Boredom, weariness, and habit soon kill it.

This is the nature that God willed for the world because He intended it to be a dwelling of transition, not a dwelling of permanence. And that is why He made every pleasure without permanence and without stability. Because He did not intend these pleasures to be true pleasures, but rather a mere test of the mettle of souls—just a stimulus by which courage, nobility, chastity, the truthfulness of the truthful, and the sincerity of the sincere are tested.

The Path to True Contentment

And the one who realizes this will rest completely and will stop this hysteria that takes him out of one desire only to throw him into another, and leads him from one craving only to throw him into the furnace of another craving, and drags him from one madness only to cast him into another madness.

He will find peace and rest, and he will try to tame himself, purify his soul, cleanse his heart, and work for the afterlife that God promised to all His prophets—that it will be the world where pleasure is real, and pain is real.
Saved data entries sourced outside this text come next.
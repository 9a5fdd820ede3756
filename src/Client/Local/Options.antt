-- ===== src/Client/Local/Options.antt =====
-- The options of `compose_transaction_local`, and the fields that they leave alone.
use dioxide_python.Prelude.{ℕ, ◌≡◌, refl, sym, ◌∙◌, ap, Option, none, some}
use dioxide_python.Prelude.Result.{Result, ok, err, >>=-eq-ok}
use dioxide_python.Bytes.{Bytes}
use dioxide_python.Contract.{ContractInvokeId}
use dioxide_python.Transaction.{
  UnsignedTransaction, unsigned_transaction, target, set_gas_price, set_gas_limit,
}
use dioxide_python.Client.Local.{set_some, set_ttl}

abbrev pub or_else : ℕ → Option ℕ → ℕ
or_else d none = d
or_else d (some n) = n

-- What is not an option of the caller, or was left out.
pub record IsFresh (version timestamp : ℕ) (tx : UnsignedTransaction) : Type 0 where
  pub version_ : tx.version ≡ version
  pub timestamp_ : tx.timestamp ≡ timestamp
  pub gas_price_ : tx.gas_price ≡ 100
  pub gas_limit_ : tx.gas_limit ≡ 500000

pub unsigned-IsFresh :
    (cid : ContractInvokeId) (opcode version timestamp : ℕ) (delegatee : Option Bytes)
    (tx : UnsignedTransaction)
    → unsigned_transaction cid opcode version timestamp delegatee ≡ ok tx
    → IsFresh version timestamp tx
unfolding unsigned_transaction
unsigned-IsFresh cid opcode version timestamp delegatee tx h =
    let (parts, _, made) = >>=-eq-ok (target cid) _ h in
    let same = ap (λ r. or_tx r) made in
    record {
      version_ = sym (ap (λ t. t.version) same);
      timestamp_ = sym (ap (λ t. t.timestamp) same);
      gas_price_ = sym (ap (λ t. t.gas_price) same);
      gas_limit_ = sym (ap (λ t. t.gas_limit) same);
    }
  where
    or_tx : Result UnsignedTransaction → UnsignedTransaction
    or_tx (ok t) = t
    or_tx (err _) = tx

-- A field that an option does not set.
set_some-keeps :
    {A : Type 0} (field : UnsignedTransaction → A)
    (set : ℕ → UnsignedTransaction → UnsignedTransaction)
    → ((n : ℕ) (t : UnsignedTransaction) → field (set n t) ≡ field t)
    → (x : Option ℕ) (t : UnsignedTransaction) → field (set_some set x t) ≡ field t
set_some-keeps field set keeps none t = refl
set_some-keeps field set keeps (some n) t = keeps n t

-- A field that an option sets.
set_some-sets :
    (field : UnsignedTransaction → ℕ) (set : ℕ → UnsignedTransaction → UnsignedTransaction)
    → ((n : ℕ) (t : UnsignedTransaction) → field (set n t) ≡ n)
    → (x : Option ℕ) (t : UnsignedTransaction) → field (set_some set x t) ≡ or_else (field t) x
set_some-sets field set sets none t = refl
set_some-sets field set sets (some n) t = sets n t

-- A field that no option sets.
pub options-keep :
    {A : Type 0} (field : UnsignedTransaction → A) (ttl gas_limit gas_price : Option ℕ)
    (tx : UnsignedTransaction)
    → ((n : ℕ) (t : UnsignedTransaction) → field (set_ttl n t) ≡ field t)
    → ((n : ℕ) (t : UnsignedTransaction) → field (set_gas_limit n t) ≡ field t)
    → ((n : ℕ) (t : UnsignedTransaction) → field (set_gas_price n t) ≡ field t)
    → field (
        set_some set_ttl ttl
          (set_some set_gas_limit gas_limit (set_some set_gas_price gas_price tx)))
      ≡ field tx
options-keep field ttl gas_limit gas_price tx a b c =
    set_some-keeps field set_ttl a ttl _
    ∙ (set_some-keeps field set_gas_limit b gas_limit _
        ∙ set_some-keeps field set_gas_price c gas_price tx)

-- The price and the limit of what the options were put into.
pub options-gas_price :
    (ttl gas_limit gas_price : Option ℕ) (tx : UnsignedTransaction) (d : ℕ)
    → tx.gas_price ≡ d
    → (set_some set_ttl ttl
        (set_some set_gas_limit gas_limit (set_some set_gas_price gas_price tx))).gas_price
      ≡ or_else d gas_price
unfolding set_gas_limit set_gas_price
options-gas_price ttl gas_limit gas_price tx d h =
    set_some-keeps (λ t. t.gas_price) set_ttl (λ _ _. refl) ttl _
    ∙ (set_some-keeps (λ t. t.gas_price) set_gas_limit (λ _ _. refl) gas_limit _
        ∙ (set_some-sets (λ t. t.gas_price) set_gas_price (λ _ _. refl) gas_price tx
            ∙ ap (λ n. or_else n gas_price) h))

pub options-gas_limit :
    (ttl gas_limit gas_price : Option ℕ) (tx : UnsignedTransaction) (d : ℕ)
    → tx.gas_limit ≡ d
    → (set_some set_ttl ttl
        (set_some set_gas_limit gas_limit (set_some set_gas_price gas_price tx))).gas_limit
      ≡ or_else d gas_limit
unfolding set_gas_limit set_gas_price
options-gas_limit ttl gas_limit gas_price tx d h =
    set_some-keeps (λ t. t.gas_limit) set_ttl (λ _ _. refl) ttl _
    ∙ (set_some-sets (λ t. t.gas_limit) set_gas_limit (λ _ _. refl) gas_limit _
        ∙ ap (λ n. or_else n gas_limit)
            (set_some-keeps (λ t. t.gas_limit) set_gas_price (λ _ _. refl) gas_price tx ∙ h))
And he will not regret what he will miss of the pleasures of this world, because he knows perfectly well, through experience and practice, that they are deceptive pleasures that slip through the fingers like a mirage. And he has read history and knows that the wealth of Qarun, according to the current calculation, does not exceed several hundred pounds in copper currency. And thus all his treasures were estimated in sterling. And how many people own hundreds of pounds now and complain of poverty and curse the day they were born, even though, according to history, they are richer than Qarun?

The Enduring Illusion of Material Wealth

It is the eternal deception.

You dream of owning the land, but then the land owns you and dedicates you to its service.

You imagine that money will free you from need, but then money opens the doors to more demands and thus leads to more need. And every time you earn a million, you need three million to guard and secure that million.

And the vicious cycle turns without end.

And this is the nature of our lying world in which we are tested.

All of us know this, and yet we never learn.